# Data supplied:
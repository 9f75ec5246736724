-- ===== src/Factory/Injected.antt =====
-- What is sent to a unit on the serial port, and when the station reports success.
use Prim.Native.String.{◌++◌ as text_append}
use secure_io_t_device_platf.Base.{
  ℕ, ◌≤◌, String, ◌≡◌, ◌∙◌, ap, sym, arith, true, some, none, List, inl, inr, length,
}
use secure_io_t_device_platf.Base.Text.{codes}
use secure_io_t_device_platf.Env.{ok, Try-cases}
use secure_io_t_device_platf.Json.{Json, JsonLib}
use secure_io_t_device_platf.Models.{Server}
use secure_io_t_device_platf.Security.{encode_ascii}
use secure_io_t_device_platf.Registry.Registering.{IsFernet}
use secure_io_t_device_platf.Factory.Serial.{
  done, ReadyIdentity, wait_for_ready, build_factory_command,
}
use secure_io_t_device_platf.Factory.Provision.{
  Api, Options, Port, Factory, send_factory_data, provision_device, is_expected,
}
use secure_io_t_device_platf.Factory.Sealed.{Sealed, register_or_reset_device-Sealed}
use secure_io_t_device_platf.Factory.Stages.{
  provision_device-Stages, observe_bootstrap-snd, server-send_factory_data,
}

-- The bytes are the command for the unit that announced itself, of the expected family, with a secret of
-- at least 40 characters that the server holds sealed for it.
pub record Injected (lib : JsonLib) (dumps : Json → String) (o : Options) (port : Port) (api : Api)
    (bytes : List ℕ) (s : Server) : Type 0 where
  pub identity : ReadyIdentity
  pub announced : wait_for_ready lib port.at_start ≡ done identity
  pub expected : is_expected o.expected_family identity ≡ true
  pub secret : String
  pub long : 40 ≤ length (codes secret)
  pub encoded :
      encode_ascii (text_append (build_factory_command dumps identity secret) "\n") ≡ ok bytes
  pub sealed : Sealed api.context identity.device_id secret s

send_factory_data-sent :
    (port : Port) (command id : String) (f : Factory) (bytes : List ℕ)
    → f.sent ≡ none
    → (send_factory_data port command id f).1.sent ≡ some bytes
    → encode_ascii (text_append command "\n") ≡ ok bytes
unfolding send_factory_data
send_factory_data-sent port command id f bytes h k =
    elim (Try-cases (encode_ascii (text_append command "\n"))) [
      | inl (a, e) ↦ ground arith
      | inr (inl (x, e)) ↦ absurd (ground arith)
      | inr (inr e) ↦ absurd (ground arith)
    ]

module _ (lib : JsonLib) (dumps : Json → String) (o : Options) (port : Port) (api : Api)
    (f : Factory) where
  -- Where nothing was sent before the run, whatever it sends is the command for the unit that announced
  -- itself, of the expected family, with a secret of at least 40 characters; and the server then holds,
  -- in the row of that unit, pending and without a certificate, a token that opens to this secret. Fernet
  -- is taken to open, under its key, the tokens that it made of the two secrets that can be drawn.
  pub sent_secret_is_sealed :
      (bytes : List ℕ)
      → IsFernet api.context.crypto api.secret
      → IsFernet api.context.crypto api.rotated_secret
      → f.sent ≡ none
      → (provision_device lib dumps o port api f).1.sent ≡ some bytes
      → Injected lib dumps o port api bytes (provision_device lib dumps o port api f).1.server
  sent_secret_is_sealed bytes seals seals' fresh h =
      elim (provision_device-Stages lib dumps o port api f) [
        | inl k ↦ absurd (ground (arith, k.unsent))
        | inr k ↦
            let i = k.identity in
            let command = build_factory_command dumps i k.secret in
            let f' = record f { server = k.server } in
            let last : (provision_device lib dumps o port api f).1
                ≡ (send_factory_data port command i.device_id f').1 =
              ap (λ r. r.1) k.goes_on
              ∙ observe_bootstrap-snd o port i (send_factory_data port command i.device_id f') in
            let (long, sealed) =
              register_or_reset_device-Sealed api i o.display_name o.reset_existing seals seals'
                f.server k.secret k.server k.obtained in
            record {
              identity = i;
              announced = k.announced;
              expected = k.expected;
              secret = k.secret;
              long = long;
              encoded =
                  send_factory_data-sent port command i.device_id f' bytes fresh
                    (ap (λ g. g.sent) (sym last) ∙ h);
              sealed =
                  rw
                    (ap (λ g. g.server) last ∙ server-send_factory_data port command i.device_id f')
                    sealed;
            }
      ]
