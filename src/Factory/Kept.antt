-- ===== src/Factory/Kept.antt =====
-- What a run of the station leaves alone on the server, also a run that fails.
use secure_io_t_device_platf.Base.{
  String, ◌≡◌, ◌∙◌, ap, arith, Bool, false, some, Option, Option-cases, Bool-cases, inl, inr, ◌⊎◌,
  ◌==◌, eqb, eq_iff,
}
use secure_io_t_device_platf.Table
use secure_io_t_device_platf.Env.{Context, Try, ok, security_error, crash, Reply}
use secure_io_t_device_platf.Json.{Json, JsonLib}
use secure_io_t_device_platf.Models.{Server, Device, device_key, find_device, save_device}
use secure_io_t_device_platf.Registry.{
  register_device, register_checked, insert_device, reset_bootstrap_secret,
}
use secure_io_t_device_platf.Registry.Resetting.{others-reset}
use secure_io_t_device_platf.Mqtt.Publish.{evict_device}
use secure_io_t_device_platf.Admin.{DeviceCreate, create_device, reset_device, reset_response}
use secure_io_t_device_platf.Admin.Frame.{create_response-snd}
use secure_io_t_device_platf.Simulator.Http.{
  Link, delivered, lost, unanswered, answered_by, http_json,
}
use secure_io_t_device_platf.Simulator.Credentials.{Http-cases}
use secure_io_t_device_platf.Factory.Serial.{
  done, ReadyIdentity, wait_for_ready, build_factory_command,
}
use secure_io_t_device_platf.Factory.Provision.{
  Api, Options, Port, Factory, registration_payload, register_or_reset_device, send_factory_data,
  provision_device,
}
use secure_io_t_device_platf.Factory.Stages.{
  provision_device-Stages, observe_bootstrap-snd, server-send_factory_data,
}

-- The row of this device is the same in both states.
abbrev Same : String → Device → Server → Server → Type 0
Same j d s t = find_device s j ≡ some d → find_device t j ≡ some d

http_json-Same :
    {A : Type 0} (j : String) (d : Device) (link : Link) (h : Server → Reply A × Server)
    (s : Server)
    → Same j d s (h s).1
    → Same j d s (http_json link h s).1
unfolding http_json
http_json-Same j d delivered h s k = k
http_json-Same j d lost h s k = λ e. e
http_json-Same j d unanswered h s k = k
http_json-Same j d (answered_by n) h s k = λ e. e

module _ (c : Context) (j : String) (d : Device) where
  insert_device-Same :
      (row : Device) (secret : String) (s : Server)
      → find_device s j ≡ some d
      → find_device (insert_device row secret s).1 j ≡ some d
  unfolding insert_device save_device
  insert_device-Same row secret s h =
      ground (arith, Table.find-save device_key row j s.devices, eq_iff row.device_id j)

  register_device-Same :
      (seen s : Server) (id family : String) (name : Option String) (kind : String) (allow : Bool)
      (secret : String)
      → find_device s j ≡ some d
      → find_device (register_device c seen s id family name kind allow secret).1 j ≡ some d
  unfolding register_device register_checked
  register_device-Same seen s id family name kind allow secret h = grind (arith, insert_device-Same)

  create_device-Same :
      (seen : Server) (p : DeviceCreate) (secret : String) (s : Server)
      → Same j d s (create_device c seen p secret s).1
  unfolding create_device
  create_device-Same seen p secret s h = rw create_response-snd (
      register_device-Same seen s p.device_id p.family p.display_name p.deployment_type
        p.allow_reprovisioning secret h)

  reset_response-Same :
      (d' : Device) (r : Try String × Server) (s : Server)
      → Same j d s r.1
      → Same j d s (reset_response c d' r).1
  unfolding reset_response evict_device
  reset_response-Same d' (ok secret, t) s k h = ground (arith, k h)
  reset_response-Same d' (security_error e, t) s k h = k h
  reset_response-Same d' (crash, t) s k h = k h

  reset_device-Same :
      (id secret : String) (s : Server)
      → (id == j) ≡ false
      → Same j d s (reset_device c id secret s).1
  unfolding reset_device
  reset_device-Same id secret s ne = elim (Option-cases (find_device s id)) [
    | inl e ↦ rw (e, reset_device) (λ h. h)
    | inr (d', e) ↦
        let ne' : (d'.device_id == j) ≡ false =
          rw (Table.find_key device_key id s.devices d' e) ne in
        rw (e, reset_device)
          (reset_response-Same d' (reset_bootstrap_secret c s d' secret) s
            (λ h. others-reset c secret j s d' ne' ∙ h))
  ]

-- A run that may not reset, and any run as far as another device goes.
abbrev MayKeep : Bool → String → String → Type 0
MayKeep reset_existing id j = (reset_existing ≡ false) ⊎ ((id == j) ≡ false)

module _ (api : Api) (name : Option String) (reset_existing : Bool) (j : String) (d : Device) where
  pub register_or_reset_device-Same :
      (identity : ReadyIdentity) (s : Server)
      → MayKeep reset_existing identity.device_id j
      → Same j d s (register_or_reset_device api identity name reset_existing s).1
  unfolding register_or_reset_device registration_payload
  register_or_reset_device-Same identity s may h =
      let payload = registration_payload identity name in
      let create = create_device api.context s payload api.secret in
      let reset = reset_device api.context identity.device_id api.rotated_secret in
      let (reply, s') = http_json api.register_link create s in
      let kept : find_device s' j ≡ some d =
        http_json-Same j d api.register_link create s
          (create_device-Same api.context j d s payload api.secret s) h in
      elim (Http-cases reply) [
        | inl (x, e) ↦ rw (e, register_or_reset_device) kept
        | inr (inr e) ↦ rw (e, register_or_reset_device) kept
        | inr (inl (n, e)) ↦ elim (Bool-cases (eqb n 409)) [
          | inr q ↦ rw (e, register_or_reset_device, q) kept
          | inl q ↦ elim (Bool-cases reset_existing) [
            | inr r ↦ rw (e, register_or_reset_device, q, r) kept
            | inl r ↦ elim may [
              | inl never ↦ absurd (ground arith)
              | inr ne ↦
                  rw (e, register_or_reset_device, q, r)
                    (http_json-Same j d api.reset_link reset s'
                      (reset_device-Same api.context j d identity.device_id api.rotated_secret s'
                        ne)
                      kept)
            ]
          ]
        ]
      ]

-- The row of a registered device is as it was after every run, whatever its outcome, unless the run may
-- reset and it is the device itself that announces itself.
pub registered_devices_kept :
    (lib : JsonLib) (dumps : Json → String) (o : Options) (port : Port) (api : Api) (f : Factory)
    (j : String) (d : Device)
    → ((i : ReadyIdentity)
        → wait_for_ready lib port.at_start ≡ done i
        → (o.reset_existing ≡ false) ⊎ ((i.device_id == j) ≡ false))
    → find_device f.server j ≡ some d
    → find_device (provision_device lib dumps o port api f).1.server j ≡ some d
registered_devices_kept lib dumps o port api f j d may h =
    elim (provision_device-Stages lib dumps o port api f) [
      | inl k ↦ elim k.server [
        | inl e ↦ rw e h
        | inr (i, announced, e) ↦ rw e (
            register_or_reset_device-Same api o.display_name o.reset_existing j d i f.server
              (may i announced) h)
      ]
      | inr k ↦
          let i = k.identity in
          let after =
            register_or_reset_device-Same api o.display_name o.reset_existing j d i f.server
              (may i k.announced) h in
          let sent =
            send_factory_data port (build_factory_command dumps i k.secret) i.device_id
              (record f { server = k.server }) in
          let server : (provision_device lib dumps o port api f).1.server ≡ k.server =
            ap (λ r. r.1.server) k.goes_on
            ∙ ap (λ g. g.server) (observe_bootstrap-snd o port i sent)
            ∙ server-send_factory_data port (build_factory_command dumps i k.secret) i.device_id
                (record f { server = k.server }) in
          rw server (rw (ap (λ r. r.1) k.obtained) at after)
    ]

# Try it:
From the material above, count the lines that include "Admin" and give only the total.

# Response to this task:
2